● **What the task requires**: Check each line of the data for "freed", and copy the ones that have it.

━━━ Data provided ━━━

-- ===== src/Engine/Sites/Lost.antt =====
-- Slots of native/engine/site_scraper.cpp that no scrape will ever free.
use rats_search_tui.Base.{
  ℕ, suc, ◌+◌, ◌-◌, ◌≤◌, ◌<◌, ◌≡◌, refl, ap, Bool, true, false, List, [], ◌∷◌, Option, none, some,
  Text, length, pick, put_key, find_key, erase_key, is_some, length-put_key, length-erase_key,
  if_intro, ltb_ℤ, pos, ltb, arith,
}
use rats_search_tui.Domain.Json.{JsonOps}
use rats_search_tui.Engine.Sites.Html.{Pcre2}
use rats_search_tui.Engine.Sites.Pages.{TrackerSiteInfo}
use rats_search_tui.Engine.Sites.Report.{folded}
use rats_search_tui.Engine.Sites.Steps.{end_fetch-keeps}
use rats_search_tui.Engine.Sites.Slots.{start_scrape-IsStarted}
use rats_search_tui.Engine.Sites.{
  PendingRequest, PendingScrape, Sites, new_scrape, start_scrape, admit, scrape, drain,
  process_queue, stop, finish_scrape, complete_with, check_all_complete, count_down, report_to,
  on_strategy_complete, is_cooling, Event, scrapes, ends, stops, handle, run,
}

module _ {J : Type 0} where
  -- At least n of the slots in use belong to no scrape that is under way.
  abbrev pub IsShort : ℕ → Sites J → Type 0
  IsShort n s = n + length s.pending_scrapes ≤ s.active_requests

  module _ (n : ℕ) where
    admit-IsShort :
        (now : ℕ) (hash name : Text) (s : Sites J) → IsShort n s → IsShort n (admit now hash name s)
    unfolding admit
    admit-IsShort now hash name s v =
        let noted : Sites J = record s {
          recent_checks = put_key hash now s.recent_checks;
          active_requests = suc s.active_requests;
        } in
        ground (arith, start_scrape-IsStarted hash name noted)

    scrape-IsShort :
        (now : ℕ) (hash name : Text) (s : Sites J)
        → IsShort n s
        → IsShort n (scrape now hash name s)
    unfolding scrape
    scrape-IsShort now hash name s v = ground (arith, admit-IsShort now hash name s)

    drain-IsShort :
        (queue : List PendingRequest) (s : Sites J) → IsShort n s → IsShort n (drain queue s)
    unfolding drain
    drain-IsShort [] s v = v
    drain-IsShort (r ∷ queue) s v =
        let taken : Sites J = record s { active_requests = suc s.active_requests } in
        let begun = start_scrape-IsStarted r.info_hash r.name taken in
        if_intro (IsShort n) (ltb s.active_requests 3)
          (drain-IsShort queue (start_scrape r.info_hash r.name taken)
            (omega (arith, begun.at_most_one_more, begun.same_active)))
          v

    process_queue-IsShort : (s : Sites J) → IsShort n s → IsShort n (process_queue s)
    unfolding process_queue
    process_queue-IsShort s v =
        if_intro (IsShort n) s.stopping v (drain-IsShort s.pending_queue s v)

    finish_scrape-IsShort :
        (hash : Text) (r : Bool × J) (s : Sites J)
        → is_some (find_key hash s.pending_scrapes) ≡ true
        → IsShort n s
        → IsShort n (finish_scrape hash r s)
    unfolding finish_scrape
    finish_scrape-IsShort hash (b, info) s e v =
        let freed : Sites J = record s {
          pending_scrapes = erase_key hash s.pending_scrapes;
          active_requests = s.active_requests - 1;
        } in
        ground (arith, process_queue-IsShort freed, length-erase_key hash s.pending_scrapes e, v)

module _ (json : JsonOps) (n : ℕ) where
  open json use {Json}

  complete_with-IsShort :
      (hash : Text) (o : Option PendingScrape) (s : Sites Json)
      → find_key hash s.pending_scrapes ≡ o
      → IsShort n s
      → IsShort n (complete_with json hash o s)
  unfolding complete_with
  complete_with-IsShort hash none s e v = v
  complete_with-IsShort hash (some p) s e v =
      if_intro (IsShort n) (ltb_ℤ (pos 0) p.pending_count) v
        (finish_scrape-IsShort n hash (folded json p.results) s (ap is_some e) v)

  report_to-IsShort :
      (hash : Text) (info : TrackerSiteInfo) (o : Option PendingScrape) (s : Sites Json)
      → find_key hash s.pending_scrapes ≡ o
      → IsShort n s
      → IsShort n (report_to json hash info o s)
  unfolding report_to check_all_complete
  report_to-IsShort hash info none s e v = v
  report_to-IsShort hash info (some p) s e v =
      let s' : Sites Json = record s {
        pending_scrapes = put_key hash (count_down info p) s.pending_scrapes;
      } in
      complete_with-IsShort hash (find_key hash s'.pending_scrapes) s' refl
        (ground (arith, length-put_key hash (count_down info p) s.pending_scrapes, ap is_some e, v))

  complete-IsShort :
      (hash : Text) (info : TrackerSiteInfo) (s : Sites Json)
      → IsShort n s
      → IsShort n (on_strategy_complete json hash info s)
  unfolding on_strategy_complete
  complete-IsShort hash info s v =
      report_to-IsShort hash info (find_key hash s.pending_scrapes) s refl v

module _ (json : JsonOps) (pcre2 : Pcre2) where
  open json use {Json}

  handle-IsShort :
      (n : ℕ) (s : Sites Json) (e : Event) → IsShort n s → IsShort n (handle json pcre2 s e)
  unfolding handle stop
  handle-IsShort n s (scrapes now hash name) v = scrape-IsShort n now hash name s v
  handle-IsShort n s (ends i res) v =
      end_fetch-keeps json pcre2 (IsShort n) (complete-IsShort json n) (λ fs s' v'. v') res
        (pick i s.fetches) s v
  handle-IsShort n s stops v = v

  run-IsShort :
      (n : ℕ) (s : Sites Json) (es : List Event) → IsShort n s → IsShort n (run json pcre2 s es)
  unfolding run
  run-IsShort n s [] v = v
  run-IsShort n s (e ∷ es) v = run-IsShort n (handle json pcre2 s e) es (handle-IsShort n s e v)

  overlap-IsShort :
      (n now : ℕ) (hash name : Text) (s : Sites Json)
      → s.stopping ≡ false
      → length hash ≡ 40
      → is_cooling now (find_key hash s.recent_checks) ≡ false
      → is_some (find_key hash s.pending_scrapes) ≡ true
      → s.active_requests < 3
      → IsShort n s
      → IsShort (suc n) (scrape now hash name s)
  unfolding scrape admit start_scrape
  overlap-IsShort n now hash name s e l c p a v =
      ground (arith, length-put_key hash (new_scrape hash name) s.pending_scrapes)

  -- A hash of 40 characters that is scraped again while its scrape is still under way, its cooldown
  -- being over, a slot being free and the scraper not stopping, costs a slot for good: if n slots in
  -- use belonged to no scrape under way, then n + 1 do after whatever happens next.
  pub overlap_loses_slot :
      (n now : ℕ) (hash name : Text) (s : Sites Json) (es : List Event)
      → s.stopping ≡ false
      → length hash ≡ 40
      → is_cooling now (find_key hash s.recent_checks) ≡ false
      → is_some (find_key hash s.pending_scrapes) ≡ true
      → s.active_requests < 3
      → IsShort n s
      → IsShort (suc n) (run json pcre2 (scrape now hash name s) es)
  overlap_loses_slot n now hash name s es e l c p a v =
      run-IsShort (suc n) (scrape now hash name s) es
        (overlap-IsShort n now hash name s e l c p a v)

━━━

● **Result**:
        let freed : Sites J = record s {
        ground (arith, process_queue-IsShort freed, length-erase_key hash s.pending_scrapes e, v)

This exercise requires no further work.